### Dataset records ###

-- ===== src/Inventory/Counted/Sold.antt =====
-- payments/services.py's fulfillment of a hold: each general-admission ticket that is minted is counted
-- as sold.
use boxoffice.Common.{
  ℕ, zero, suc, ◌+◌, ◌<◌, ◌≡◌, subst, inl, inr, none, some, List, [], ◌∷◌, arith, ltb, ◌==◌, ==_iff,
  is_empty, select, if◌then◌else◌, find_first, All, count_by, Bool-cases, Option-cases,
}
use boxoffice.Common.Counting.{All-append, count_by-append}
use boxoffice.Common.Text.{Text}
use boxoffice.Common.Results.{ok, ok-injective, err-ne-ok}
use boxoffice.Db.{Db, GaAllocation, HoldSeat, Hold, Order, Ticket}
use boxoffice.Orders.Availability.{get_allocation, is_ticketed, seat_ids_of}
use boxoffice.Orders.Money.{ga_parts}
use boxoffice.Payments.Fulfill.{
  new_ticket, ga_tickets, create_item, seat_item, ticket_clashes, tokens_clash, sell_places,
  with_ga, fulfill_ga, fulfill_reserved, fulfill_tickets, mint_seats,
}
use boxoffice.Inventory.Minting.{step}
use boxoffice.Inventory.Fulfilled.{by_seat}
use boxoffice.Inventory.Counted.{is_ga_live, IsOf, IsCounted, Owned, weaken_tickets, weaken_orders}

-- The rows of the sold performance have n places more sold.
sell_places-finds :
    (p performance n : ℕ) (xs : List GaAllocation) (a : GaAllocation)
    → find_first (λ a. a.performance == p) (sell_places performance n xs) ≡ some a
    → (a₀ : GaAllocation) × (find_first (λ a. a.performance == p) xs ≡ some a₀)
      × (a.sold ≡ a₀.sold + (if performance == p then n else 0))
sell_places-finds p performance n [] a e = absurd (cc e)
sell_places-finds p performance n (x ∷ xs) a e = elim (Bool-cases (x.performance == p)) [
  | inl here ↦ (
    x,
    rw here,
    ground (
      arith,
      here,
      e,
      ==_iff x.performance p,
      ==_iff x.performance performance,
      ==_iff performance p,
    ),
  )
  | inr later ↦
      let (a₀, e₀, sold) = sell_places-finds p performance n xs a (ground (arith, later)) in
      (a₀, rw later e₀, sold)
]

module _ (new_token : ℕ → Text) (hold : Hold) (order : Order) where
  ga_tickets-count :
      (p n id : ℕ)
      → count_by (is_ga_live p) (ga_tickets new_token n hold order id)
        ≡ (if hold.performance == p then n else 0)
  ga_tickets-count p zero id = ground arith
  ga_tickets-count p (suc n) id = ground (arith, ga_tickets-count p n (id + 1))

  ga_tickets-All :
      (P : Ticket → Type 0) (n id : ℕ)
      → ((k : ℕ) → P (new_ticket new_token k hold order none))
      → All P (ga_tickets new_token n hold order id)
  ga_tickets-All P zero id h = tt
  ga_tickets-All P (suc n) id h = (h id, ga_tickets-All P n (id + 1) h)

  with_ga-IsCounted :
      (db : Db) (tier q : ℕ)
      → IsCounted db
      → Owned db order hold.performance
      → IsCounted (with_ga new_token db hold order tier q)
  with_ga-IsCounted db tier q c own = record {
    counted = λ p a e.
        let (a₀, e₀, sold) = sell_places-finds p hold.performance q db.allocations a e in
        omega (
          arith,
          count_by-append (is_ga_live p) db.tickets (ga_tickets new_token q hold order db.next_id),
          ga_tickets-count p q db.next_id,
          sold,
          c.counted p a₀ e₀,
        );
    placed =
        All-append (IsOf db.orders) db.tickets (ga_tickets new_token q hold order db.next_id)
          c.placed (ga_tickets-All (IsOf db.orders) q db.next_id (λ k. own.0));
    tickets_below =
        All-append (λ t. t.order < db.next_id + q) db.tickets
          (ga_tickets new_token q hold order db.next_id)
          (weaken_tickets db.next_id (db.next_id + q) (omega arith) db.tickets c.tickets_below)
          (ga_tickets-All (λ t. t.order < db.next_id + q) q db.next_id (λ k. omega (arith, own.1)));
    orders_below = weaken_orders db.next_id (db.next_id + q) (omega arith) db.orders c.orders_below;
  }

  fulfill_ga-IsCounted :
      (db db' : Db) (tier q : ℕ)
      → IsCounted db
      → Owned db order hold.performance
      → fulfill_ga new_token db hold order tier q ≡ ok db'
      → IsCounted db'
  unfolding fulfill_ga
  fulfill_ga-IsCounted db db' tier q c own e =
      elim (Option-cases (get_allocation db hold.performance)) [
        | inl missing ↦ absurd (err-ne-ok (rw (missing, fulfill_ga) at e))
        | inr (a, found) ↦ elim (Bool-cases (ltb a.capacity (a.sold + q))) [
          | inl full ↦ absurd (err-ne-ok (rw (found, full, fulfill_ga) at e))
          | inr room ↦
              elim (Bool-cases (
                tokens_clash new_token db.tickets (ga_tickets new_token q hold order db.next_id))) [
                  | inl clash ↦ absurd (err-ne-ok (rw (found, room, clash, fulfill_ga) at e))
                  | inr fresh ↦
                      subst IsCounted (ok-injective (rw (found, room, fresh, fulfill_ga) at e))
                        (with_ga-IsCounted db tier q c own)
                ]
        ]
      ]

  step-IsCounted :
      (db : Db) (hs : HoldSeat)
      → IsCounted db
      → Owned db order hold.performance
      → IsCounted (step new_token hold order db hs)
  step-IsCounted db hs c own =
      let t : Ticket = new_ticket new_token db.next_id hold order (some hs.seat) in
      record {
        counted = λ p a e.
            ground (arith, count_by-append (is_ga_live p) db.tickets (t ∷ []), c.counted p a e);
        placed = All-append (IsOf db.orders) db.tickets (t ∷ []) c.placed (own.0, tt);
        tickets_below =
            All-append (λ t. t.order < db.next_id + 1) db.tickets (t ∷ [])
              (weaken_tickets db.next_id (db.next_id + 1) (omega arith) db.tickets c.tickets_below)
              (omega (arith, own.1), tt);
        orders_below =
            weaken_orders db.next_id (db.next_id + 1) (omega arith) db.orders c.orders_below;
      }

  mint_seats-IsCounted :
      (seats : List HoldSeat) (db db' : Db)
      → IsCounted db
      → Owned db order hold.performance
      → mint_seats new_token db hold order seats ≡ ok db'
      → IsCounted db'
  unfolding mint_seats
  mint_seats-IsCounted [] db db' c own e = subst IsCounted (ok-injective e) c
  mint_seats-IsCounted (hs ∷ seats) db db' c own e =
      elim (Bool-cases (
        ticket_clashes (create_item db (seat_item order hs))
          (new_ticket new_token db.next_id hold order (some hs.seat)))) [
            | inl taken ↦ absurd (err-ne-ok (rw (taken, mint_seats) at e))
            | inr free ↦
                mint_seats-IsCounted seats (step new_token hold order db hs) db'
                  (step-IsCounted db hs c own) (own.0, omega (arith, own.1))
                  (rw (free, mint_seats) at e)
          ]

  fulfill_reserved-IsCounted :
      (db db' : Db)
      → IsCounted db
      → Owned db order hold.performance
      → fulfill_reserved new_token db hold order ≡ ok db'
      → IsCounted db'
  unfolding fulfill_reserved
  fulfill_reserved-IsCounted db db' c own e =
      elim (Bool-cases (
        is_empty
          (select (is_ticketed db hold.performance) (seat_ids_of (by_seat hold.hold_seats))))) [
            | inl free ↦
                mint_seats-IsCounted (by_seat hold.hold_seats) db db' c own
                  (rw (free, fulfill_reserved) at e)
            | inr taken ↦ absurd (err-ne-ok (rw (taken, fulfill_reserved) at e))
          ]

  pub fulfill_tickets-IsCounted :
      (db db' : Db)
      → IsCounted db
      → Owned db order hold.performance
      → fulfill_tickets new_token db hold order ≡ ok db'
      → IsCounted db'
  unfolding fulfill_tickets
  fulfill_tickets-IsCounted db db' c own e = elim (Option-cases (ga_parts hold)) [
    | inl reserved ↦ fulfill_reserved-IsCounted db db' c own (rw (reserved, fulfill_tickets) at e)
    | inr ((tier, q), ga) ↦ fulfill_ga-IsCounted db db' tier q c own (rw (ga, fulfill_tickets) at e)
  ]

###
### Dataset records ###

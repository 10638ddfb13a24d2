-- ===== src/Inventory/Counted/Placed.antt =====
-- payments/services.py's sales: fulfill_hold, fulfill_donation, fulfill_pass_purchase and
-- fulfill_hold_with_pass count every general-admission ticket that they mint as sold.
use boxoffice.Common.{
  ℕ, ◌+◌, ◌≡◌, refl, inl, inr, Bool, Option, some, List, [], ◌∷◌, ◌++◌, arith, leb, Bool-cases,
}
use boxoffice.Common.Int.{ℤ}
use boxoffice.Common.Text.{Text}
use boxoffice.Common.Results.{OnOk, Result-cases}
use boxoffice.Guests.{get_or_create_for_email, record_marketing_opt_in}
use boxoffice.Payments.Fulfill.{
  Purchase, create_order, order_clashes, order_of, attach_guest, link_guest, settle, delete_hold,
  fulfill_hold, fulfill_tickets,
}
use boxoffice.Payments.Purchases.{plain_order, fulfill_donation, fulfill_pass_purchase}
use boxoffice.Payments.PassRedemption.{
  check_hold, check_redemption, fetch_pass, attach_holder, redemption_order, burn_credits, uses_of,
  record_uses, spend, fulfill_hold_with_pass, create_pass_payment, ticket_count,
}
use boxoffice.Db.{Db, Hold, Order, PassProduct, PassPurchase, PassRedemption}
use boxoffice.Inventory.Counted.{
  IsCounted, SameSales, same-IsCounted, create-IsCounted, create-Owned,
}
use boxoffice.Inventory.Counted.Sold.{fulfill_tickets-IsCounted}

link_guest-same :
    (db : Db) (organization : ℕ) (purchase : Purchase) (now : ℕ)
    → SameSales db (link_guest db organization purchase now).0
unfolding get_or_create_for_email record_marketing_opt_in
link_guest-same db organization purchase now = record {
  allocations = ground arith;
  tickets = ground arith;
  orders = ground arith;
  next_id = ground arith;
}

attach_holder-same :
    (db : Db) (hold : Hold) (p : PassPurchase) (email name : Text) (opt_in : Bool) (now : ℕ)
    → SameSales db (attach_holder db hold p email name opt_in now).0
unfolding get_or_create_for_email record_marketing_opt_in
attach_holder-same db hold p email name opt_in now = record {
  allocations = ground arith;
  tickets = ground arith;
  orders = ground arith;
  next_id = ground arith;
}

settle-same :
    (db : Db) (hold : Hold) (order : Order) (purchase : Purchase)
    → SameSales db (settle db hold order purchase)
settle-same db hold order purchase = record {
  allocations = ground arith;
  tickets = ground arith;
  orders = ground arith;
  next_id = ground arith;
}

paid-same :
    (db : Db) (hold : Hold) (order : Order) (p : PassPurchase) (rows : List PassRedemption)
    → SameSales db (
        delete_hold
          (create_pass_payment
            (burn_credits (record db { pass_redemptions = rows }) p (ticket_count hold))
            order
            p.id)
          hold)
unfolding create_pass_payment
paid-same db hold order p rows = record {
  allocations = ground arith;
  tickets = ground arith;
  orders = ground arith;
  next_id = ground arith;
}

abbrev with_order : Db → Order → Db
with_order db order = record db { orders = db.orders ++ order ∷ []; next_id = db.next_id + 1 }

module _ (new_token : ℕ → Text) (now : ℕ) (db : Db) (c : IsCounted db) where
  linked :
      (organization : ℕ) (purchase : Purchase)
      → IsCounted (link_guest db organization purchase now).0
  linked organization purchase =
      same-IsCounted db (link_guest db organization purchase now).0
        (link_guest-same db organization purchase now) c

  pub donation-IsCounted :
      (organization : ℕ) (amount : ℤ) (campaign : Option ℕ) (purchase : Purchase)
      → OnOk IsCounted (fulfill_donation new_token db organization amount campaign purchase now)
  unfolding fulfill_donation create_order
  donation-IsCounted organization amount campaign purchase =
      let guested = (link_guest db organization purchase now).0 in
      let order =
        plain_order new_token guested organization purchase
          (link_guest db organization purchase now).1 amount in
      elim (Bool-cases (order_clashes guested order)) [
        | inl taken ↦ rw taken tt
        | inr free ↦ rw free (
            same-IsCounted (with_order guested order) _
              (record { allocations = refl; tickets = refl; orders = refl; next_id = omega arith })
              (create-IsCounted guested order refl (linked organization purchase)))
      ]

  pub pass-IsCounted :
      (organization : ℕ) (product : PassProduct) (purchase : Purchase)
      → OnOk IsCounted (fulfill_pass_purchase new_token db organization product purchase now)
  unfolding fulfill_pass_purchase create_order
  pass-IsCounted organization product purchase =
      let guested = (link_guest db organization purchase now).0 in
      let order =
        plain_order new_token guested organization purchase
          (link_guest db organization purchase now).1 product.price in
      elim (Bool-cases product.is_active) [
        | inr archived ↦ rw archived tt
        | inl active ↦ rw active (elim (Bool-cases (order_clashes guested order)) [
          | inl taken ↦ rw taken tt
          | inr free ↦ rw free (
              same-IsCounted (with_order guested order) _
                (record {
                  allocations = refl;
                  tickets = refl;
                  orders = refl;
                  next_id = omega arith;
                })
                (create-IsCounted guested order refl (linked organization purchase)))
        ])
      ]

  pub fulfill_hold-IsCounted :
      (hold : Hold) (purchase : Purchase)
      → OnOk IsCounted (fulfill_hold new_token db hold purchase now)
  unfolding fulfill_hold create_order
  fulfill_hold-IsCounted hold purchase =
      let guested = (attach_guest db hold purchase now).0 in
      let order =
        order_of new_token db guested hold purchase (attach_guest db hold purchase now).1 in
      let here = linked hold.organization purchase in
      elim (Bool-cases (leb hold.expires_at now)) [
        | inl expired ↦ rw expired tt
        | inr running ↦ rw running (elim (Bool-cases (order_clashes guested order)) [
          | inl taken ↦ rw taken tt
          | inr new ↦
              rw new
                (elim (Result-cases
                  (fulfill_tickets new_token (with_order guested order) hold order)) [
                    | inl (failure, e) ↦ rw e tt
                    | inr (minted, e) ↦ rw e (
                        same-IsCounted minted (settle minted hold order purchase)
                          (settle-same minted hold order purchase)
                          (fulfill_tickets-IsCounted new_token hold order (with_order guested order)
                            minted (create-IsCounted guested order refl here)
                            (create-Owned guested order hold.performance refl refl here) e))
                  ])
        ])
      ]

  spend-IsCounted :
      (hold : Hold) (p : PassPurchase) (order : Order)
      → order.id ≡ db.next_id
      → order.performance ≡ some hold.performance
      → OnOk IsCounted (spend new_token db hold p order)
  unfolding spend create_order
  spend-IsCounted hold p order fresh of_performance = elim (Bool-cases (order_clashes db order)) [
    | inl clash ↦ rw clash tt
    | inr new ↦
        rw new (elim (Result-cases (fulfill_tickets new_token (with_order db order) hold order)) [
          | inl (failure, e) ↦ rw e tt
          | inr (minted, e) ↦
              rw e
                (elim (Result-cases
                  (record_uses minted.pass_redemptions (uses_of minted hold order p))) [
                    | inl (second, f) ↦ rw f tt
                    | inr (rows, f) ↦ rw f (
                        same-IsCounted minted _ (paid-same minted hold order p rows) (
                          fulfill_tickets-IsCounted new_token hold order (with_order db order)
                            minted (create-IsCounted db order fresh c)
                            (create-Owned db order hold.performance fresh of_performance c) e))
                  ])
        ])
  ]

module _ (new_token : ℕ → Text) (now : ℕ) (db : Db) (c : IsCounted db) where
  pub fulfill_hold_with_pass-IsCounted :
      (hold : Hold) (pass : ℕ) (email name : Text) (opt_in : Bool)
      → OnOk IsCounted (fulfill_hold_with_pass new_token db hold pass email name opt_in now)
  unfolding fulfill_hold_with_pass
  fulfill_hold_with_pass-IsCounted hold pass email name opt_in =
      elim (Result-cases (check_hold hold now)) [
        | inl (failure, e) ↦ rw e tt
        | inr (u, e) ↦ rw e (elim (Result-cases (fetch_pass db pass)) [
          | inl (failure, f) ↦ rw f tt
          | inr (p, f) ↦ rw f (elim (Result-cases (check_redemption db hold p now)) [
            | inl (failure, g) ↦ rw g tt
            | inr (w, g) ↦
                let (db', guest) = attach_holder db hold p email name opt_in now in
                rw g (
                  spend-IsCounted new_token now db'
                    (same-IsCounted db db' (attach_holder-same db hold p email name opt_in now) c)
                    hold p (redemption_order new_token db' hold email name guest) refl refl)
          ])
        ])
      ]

###
### Dataset records ###

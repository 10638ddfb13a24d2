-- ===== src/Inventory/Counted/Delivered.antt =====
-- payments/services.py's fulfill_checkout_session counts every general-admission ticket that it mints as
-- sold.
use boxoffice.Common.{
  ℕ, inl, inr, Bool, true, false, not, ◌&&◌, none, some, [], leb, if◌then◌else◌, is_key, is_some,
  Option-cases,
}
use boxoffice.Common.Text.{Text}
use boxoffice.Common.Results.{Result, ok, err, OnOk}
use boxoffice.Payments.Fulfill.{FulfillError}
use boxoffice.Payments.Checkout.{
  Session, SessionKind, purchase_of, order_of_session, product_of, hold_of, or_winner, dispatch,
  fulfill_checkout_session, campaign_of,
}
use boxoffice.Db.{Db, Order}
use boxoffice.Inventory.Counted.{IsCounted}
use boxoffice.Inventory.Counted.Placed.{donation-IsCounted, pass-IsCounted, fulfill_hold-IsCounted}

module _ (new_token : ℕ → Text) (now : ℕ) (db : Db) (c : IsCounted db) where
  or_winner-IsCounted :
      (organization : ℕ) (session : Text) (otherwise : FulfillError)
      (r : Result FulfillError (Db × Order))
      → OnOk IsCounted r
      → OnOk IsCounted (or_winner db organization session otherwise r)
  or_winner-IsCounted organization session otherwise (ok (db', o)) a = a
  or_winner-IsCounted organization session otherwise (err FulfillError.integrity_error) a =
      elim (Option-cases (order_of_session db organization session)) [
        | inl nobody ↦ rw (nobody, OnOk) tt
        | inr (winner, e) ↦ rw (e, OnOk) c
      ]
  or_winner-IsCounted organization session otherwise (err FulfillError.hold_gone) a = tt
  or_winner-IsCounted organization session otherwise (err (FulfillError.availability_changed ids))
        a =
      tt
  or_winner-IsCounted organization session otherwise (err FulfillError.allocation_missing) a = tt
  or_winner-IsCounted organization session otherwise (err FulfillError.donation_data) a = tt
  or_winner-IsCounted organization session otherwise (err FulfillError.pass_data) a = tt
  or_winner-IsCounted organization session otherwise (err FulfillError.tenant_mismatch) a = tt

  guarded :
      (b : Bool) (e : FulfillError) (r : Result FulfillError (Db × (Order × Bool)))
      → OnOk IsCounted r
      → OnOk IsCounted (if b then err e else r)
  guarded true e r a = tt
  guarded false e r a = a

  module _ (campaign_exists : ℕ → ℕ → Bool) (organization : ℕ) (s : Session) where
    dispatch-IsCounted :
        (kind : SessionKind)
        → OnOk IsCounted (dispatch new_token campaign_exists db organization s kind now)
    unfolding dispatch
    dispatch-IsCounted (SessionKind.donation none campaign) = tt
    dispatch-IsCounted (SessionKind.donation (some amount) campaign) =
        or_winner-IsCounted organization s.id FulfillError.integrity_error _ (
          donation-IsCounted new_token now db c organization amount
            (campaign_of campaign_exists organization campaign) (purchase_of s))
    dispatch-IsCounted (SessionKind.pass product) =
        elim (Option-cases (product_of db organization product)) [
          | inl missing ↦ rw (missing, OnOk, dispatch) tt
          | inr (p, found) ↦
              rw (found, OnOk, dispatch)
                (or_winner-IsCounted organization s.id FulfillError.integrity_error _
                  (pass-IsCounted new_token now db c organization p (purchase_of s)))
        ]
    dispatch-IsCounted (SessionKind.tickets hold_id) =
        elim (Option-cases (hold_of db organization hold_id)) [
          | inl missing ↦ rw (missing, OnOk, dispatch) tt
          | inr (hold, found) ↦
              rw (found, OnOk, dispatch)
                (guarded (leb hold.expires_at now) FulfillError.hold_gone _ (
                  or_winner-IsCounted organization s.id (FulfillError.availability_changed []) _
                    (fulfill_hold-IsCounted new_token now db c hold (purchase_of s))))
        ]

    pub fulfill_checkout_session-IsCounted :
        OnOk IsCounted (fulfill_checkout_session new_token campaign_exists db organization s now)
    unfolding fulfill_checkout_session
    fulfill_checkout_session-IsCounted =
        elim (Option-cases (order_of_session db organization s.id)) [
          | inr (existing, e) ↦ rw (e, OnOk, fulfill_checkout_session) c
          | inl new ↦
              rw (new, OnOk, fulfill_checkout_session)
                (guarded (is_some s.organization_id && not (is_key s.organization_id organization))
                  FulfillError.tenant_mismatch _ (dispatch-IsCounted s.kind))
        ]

###

__Activity__. Across the material, how many lines contain "false"? The reply must be that number and nothing else.

__Task solution__. 2